= Exercise aim =
Return each line below holding the string "Action".

(Records to use Opens)

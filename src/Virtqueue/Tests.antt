-- ===== src/Virtqueue/Tests.antt =====
-- The theorems about virtqueues at inputs that meet their hypotheses.
use picokernel.Prelude.{◌+◌, ◌*◌, ◌%◌, ◌≤◌, ◌≡◌, refl, [], ◌∷◌, arith}
use picokernel.Virtqueue.{Virtqueue, init, alloc_desc}
use picokernel.Virtqueue.FreeList.{IsFree, init-IsFree, alloc_desc-Allocated}
use picokernel.Virtqueue.Memory.{init_layout}

abbrev blank : Virtqueue
blank = record {
  queue_size = 0;
  num_free = 0;
  free_head = 0;
  last_used_idx = 0;
  notify_offset = 0;
  queue_index = 0;
  desc_address = 0;
  avail_address = 0;
  used_address = 0;
  desc = λ i. record { addr = 0; len = 0; flags = 0; next = 0 };
  avail_flags = 0;
  avail_idx = 0;
  avail_ring = λ i. 0;
  used_flags = 0;
  used_idx = 0;
  used_ring = λ i. record { id = 0; len = 0 };
}

-- Three descriptors in a memory at the address 4096.
abbrev three : Virtqueue
three = init blank 3 4096

three_starts : IsFree three (0 ∷ 1 ∷ 2 ∷ [])
three_starts = init-IsFree blank 3 4096 (omega arith) (omega arith)

two_left : IsFree ((alloc_desc three).1) (1 ∷ 2 ∷ [])
two_left = (alloc_desc-Allocated three (0 ∷ 1 ∷ 2 ∷ []) three_starts).2

init_layout_example :
    (three.desc_address ≡ 4096)
    × (three.desc_address + 16 * 3 ≤ three.avail_address)
    × (three.avail_address + (6 + 2 * 3) ≤ three.used_address)
    × (three.used_address + (6 + 8 * 3) ≤ 4096 + 10_246)
    × (three.used_address % 4096 ≡ 0)
init_layout_example = init_layout blank 3 4096 (omega arith) (omega arith) refl (omega arith)
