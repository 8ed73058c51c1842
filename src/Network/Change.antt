-- ===== src/Network/Change.antt =====
-- A change of one node keeps what is known of votes.
use ferris_ferry.Prelude.{
  ℕ, ◌≤◌, ◌≡◌, sym, ap, ◌∙◌, subst, ◌⊎◌, inl, inr, some, List, [], ◌∷◌, ◌++◌, true, ◌==◌,
  Bool-cases, All, lookup, insert, lookup-insert, contains, arith,
}
use ferris_ferry.Types.{
  follower, NodeId, RequestVoteResponseRpc, request_vote_response, Action, send_message,
  persist_metadata,
}
use ferris_ferry.Core.State.{RaftCore, new, other_nodes}
use ferris_ferry.Core.Node.Votes.{KeepsVote}
use ferris_ferry.Network.{Network, Did}
use ferris_ferry.Network.Ballots.{In-append, In-append_left, In-append_right}
use ferris_ferry.Network.Invariant.{Voted, Tally, Sound}

All-map : (P Q : ℕ → Type 0) (xs : List ℕ) → ((x : ℕ) → P x → Q x) → All P xs → All Q xs
All-map P Q [] f h = tt
All-map P Q (x ∷ xs) f h = (f x h.0, All-map P Q xs f h.1)

-- A tally stays right as the history grows.
pub Tally-later :
    (new old : List (NodeId × Action)) (c : RaftCore) → Tally old c → Tally (new ++ old) c
Tally-later new old c t = record {
  given =
      All-map (λ x. Voted old x c.current_term c.id) (λ x. Voted (new ++ old) x c.current_term c.id)
        c.votes_received
        (λ x. In-append_right (x, persist_metadata c.current_term (some c.id)) new old) t.given;
  distinct = t.distinct;
  majority = t.majority;
}

-- The node under `i` after `id` became `c'`.
lookup-moved :
    (id i : NodeId) (c' d : RaftCore) (nodes : List (NodeId × RaftCore))
    → lookup i (insert id c' nodes) ≡ some d
    → ((i ≡ id) × (c' ≡ d)) ⊎ (lookup i nodes ≡ some d)
lookup-moved id i c' d nodes e = ground (arith, lookup-insert id i c' nodes)

-- A change of one node, with what it did.
pub record Change (members : List NodeId) (n : Network) (id : NodeId) (c c' : RaftCore)
    (new : List (NodeId × Action)) : Type 0 where
  pub found : lookup id n.nodes ≡ some c
  pub same_id : c'.id ≡ c.id
  pub same_peers : c'.peers ≡ c.peers
  pub keeps : KeepsVote c c'
  pub wrote :
      (i : NodeId) (t v : ℕ)
      → Voted new i t v
      → (i ≡ id) × (t ≡ c'.current_term) × (c'.voted_for ≡ some v)
  pub told :
      (i j : NodeId) (resp : RequestVoteResponseRpc)
      → Did new i (send_message j (request_vote_response resp))
      → resp.vote_granted ≡ true
      → (resp.id ≡ i) × Voted new i resp.term j
  pub tallies : (c'.state ≡ follower) ⊎ Tally (new ++ n.history) c'

module _ (members : List NodeId) (n : Network) (id : NodeId) (c c' : RaftCore)
    (new : List (NodeId × Action)) (s : Sound members n) (g : Change members n id c c' new) where
  abbrev pub after : Network
  after = record { nodes = insert id c' n.nodes; history = new ++ n.history }

  abbrev Recorded : NodeId → ℕ → ℕ → Type 0
  Recorded i t v =
      (d : RaftCore) × (lookup i (insert id c' n.nodes) ≡ some d)
      × (t ≤ d.current_term)
      × (t ≡ d.current_term → d.voted_for ≡ some v)

  recorded : (i : NodeId) (t v : ℕ) → Voted (new ++ n.history) i t v → Recorded i t v
  recorded i t v h = elim (In-append (i, persist_metadata t (some v)) new n.history h) [
    | inl m ↦
        (let (e, u, w) = g.wrote i t v m in
          (c', ground (arith, lookup-insert id i c' n.nodes, e), omega arith, λ x. w))
    | inr m ↦
        (let (d, l, b, w) = s.recorded i t v m in
          elim (Bool-cases (id == i)) [
            | inl e ↦
                (let k : d ≡ c = ground (arith, g.found, l, e) in
                  let b' : t ≤ c.current_term = subst (λ x. t ≤ x.current_term) k b in
                  let w' : t ≡ c.current_term → c.voted_for ≡ some v =
                    subst (λ x. t ≡ x.current_term → x.voted_for ≡ some v) k w in
                  (
                    c',
                    ground (arith, lookup-insert id i c' n.nodes, e),
                    omega (arith, b', g.keeps.term_le),
                    λ x.
                        g.keeps.vote v (omega (arith, x, b', g.keeps.term_le))
                          (w' (omega (arith, x, b', g.keeps.term_le))),
                  ))
            | inr e ↦ (d, ground (arith, lookup-insert id i c' n.nodes, e, l), b, w)
          ])
  ]

  one_vote :
      (i : NodeId) (t v w : ℕ) (d e : RaftCore)
      → lookup i (insert id c' n.nodes) ≡ some d
      → lookup i (insert id c' n.nodes) ≡ some e
      → t ≡ e.current_term
      → (t ≡ d.current_term → d.voted_for ≡ some v)
      → (t ≡ e.current_term → e.voted_for ≡ some w)
      → v ≡ w
  one_vote i t v w d e l k u p q =
      let x : d ≡ e = ground (arith, l, k) in
      let p' : e.voted_for ≡ some v =
        subst (λ y. t ≡ y.current_term → y.voted_for ≡ some v) x p u in
      ground (arith, p', q u)

  newly :
      (i : NodeId) (t v : ℕ)
      → Voted new i t v
      → (lookup i (insert id c' n.nodes) ≡ some c') × (t ≡ c'.current_term)
  newly i t v h =
      let (e, u, w) = g.wrote i t v h in (ground (arith, lookup-insert id i c' n.nodes, e), u)

  unique :
      (i : NodeId) (t v w : ℕ)
      → Voted (new ++ n.history) i t v
      → Voted (new ++ n.history) i t w
      → v ≡ w
  unique i t v w h k =
      let (d, l, b, p) = recorded i t v h in
      let (e, l', b', q) = recorded i t w k in
      elim (In-append (i, persist_metadata t (some w)) new n.history k) [
        | inl m ↦
            (let (a, u) = newly i t w m in
              one_vote i t v w d e l l' (u ∙ ap (λ x. x.current_term) (same_node a l')) p q)
        | inr o ↦ elim (In-append (i, persist_metadata t (some v)) new n.history h) [
          | inl m ↦
              (let (a, u) = newly i t v m in
                sym (one_vote i t w v e d l' l (u ∙ ap (λ x. x.current_term) (same_node a l)) q p))
          | inr m ↦ s.unique i t v w m o
        ]
      ]
    where
      same_node :
          {x : RaftCore}
          → lookup i (insert id c' n.nodes) ≡ some c'
          → lookup i (insert id c' n.nodes) ≡ some x
          → c' ≡ x
      same_node a b = ground (arith, a, b)

  answered :
      (i j : NodeId) (resp : RequestVoteResponseRpc)
      → Did (new ++ n.history) i (send_message j (request_vote_response resp))
      → resp.vote_granted ≡ true
      → (resp.id ≡ i) × Voted (new ++ n.history) i resp.term j
  answered i j resp h y =
      elim (In-append (i, send_message j (request_vote_response resp)) new n.history h) [
        | inl m ↦ (let (e, v) = g.told i j resp m y in (e, In-append_left _ new n.history v))
        | inr m ↦ (let (e, v) = s.answered i j resp m y in (e, In-append_right _ new n.history v))
      ]

  pub Change-Sound : Sound members after
  Change-Sound = record {
    identity = λ i d l. elim (lookup-moved id i c' d n.nodes l) [
      | inl (e, k) ↦
          (let (p, q, r) = s.identity id c g.found in
            subst
              (λ x. (x.id ≡ i) × (x.peers ≡ other_nodes i members) × (contains i members ≡ true)) k
              (subst
                (λ y.
                  (c'.id ≡ y) × (c'.peers ≡ other_nodes y members) × (contains y members ≡ true))
                (sym e) (g.same_id ∙ p, g.same_peers ∙ q, r)))
      | inr k ↦ s.identity i d k
    ];
    recorded = recorded;
    unique = unique;
    answered = answered;
    tally = λ i d l. elim (lookup-moved id i c' d n.nodes l) [
      | inl (e, k) ↦ subst (λ x. (x.state ≡ follower) ⊎ Tally (new ++ n.history) x) k g.tallies
      | inr k ↦ elim (s.tally i d k) [ inl f ↦ inl f | inr t ↦ inr (Tally-later new n.history d t) ]
    ];
  }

(Records to use Closes)

= Response area =
  follower, NodeId, RequestVoteResponseRpc, request_vote_response, Action, send_message,
    (new old : List (NodeId × Action)) (c : RaftCore) → Tally old c → Tally (new ++ old) c
    (new : List (NodeId × Action)) : Type 0 where
    (new : List (NodeId × Action)) (s : Sound members n) (g : Change members n id c c' new) where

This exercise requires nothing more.